SailPoint (IIQ for On-Premises, ISC for Cloud)
SailPoint IdentityIQ (IIQ) is the on-premises platform and remains the most mature enterprise IGA option for complex hybrid and on-premises environments. IIQ has been deployed in some of the most complex enterprise environments in the world — multi-forest AD, diverse legacy system estates, and complex compliance requirements. The depth is genuine.
For multi-forest AD specifically: SailPoint IIQ has extensive experience with complex AD topologies. The platform can handle multi-forest provisioning, trust relationship navigation, and the organizational unit structures that large enterprises build over years of AD growth and acquisition.
The tradeoffs practitioners report are consistent: implementation is complex and time-consuming, BeanShell-based custom logic requires specialized expertise to develop and maintain, and post-go-live platform administration demands ongoing resources. SailPoint's own strategic investment is shifting to ISC (the cloud version), which means IIQ's development roadmap is increasingly maintenance-focused rather than feature-forward.
SailPoint ISC (Identity Security Cloud) is the cloud platform where new features are going. If your environment will move toward cloud over time, evaluating ISC for that future state makes sense. ISC has a faster implementation model than IIQ, a more configuration-driven interface, and AI-assisted capabilities (role mining, access review recommendations) that IIQ doesn't have.
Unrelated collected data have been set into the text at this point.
-- ===== src/Server/Invariant/Names.antt =====
-- net/server.rs: the changes of CreateQ and DeleteQ, for the consistency of the server.
use native.Mathlib.Decide.{ℕ_discrete}
use rust_data_broker.Prelude.{ℕ, ◌≡◌, ◌≢◌, ap, subst, sym, ◌∙◌, inl, inr, none, some, arith}
use rust_data_broker.Dict
use rust_data_broker.Dict.{
  lookup-insert-some, lookup-insert_self, lookup-insert_ne, lookup-remove-some, lookup-remove_ne,
}
use rust_data_broker.Queue.State.{new_queue}
use rust_data_broker.Queue.Invariant.{Inv, new_queue-Inv}
use rust_data_broker.Server.State.{Server, Name, Name-discrete}
use rust_data_broker.Server.Invariant.{IsConsistent, queue_at, hash_of}

abbrev pub with_queue : Server → Name → ℕ → Server
with_queue s n hash = record s {
  queue = Dict.insert ℕ_discrete hash new_queue s.queue;
  queue_names = Dict.insert Name-discrete n hash s.queue_names;
}

abbrev pub without_queue : Server → Name → ℕ → Server
without_queue s n hash = record s {
  queue = Dict.remove ℕ_discrete hash s.queue;
  queue_names = Dict.remove Name-discrete n s.queue_names;
}

module _ (s : Server) (n : Name) (hash : ℕ) (k : IsConsistent s) where
  unused : (o : Name) → queue_at hash s ≡ none → hash_of o s ≢ some hash
  unused o fresh = λ e. let there = k.named o hash e in ground arith

  -- A new uuid is one under which there is no queue.
  pub with_queue-IsConsistent : queue_at hash s ≡ none → IsConsistent (with_queue s n hash)
  with_queue-IsConsistent fresh = record {
    queues = λ h r e. elim (lookup-insert-some ℕ_discrete hash h new_queue s.queue e) [
      | inl (_, same) ↦ subst Inv same new_queue-Inv
      | inr (_, old) ↦ k.queues h r old
    ];
    named = λ o h e. elim (lookup-insert-some Name-discrete n o hash s.queue_names e) [
      | inl (_, same) ↦ rw (← same, lookup-insert_self ℕ_discrete hash new_queue s.queue)
      | inr (_, old) ↦ elim (ℕ_discrete hash h) [
        | yes same ↦ rw (← same, lookup-insert_self ℕ_discrete hash new_queue s.queue)
        | no d ↦ rw (lookup-insert_ne ℕ_discrete hash h new_queue s.queue d) (k.named o h old)
      ]
    ];
    apart = λ o p h e f. elim (lookup-insert-some Name-discrete n o hash s.queue_names e) [
      | inl (here, same) ↦ elim (lookup-insert-some Name-discrete n p hash s.queue_names f) [
        | inl (there, _) ↦ sym here ∙ there
        | inr (_, old) ↦ absurd (unused p fresh (old ∙ ap some (sym same)))
      ]
      | inr (_, old) ↦ elim (lookup-insert-some Name-discrete n p hash s.queue_names f) [
        | inl (_, same) ↦ absurd (unused o fresh (old ∙ ap some (sym same)))
        | inr (_, old') ↦ k.apart o p h old old'
      ]
    ];
  }

  pub without_queue-IsConsistent : hash_of n s ≡ some hash → IsConsistent (without_queue s n hash)
  without_queue-IsConsistent e = record {
    queues = λ h r f. k.queues h r (lookup-remove-some ℕ_discrete hash h s.queue f).1;
    named = λ o h f.
        let (other, old) = lookup-remove-some Name-discrete n o s.queue_names f in
        rw
          (lookup-remove_ne ℕ_discrete hash h s.queue
            (λ same. other (k.apart n o h (e ∙ ap some same) old)))
          (k.named o h old);
    apart = λ o p h f g.
        k.apart o p h (lookup-remove-some Name-discrete n o s.queue_names f).1
          (lookup-remove-some Name-discrete n p s.queue_names g).1;
  }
The limitation for your specific requirements: ISC's multi-forest AD handling is less mature than IIQ's. The cloud-hosted nature means on-premises directory integration goes through the AD connector/virtual appliance rather than direct deployment.
Saviynt
Saviynt competes in the same enterprise space as SailPoint — large organizations with complex compliance requirements, SOX SoD controls, and hybrid infrastructure. Practitioners working in SAP-heavy environments often cite Saviynt's SAP integration depth as a differentiator.
For multi-forest environments: Saviynt handles complex AD topologies, though the specific depth compared to SailPoint IIQ in the most complex forest scenarios is less consistently documented in practitioner communities. A specific POC test against your forest configuration is essential before shortlisting.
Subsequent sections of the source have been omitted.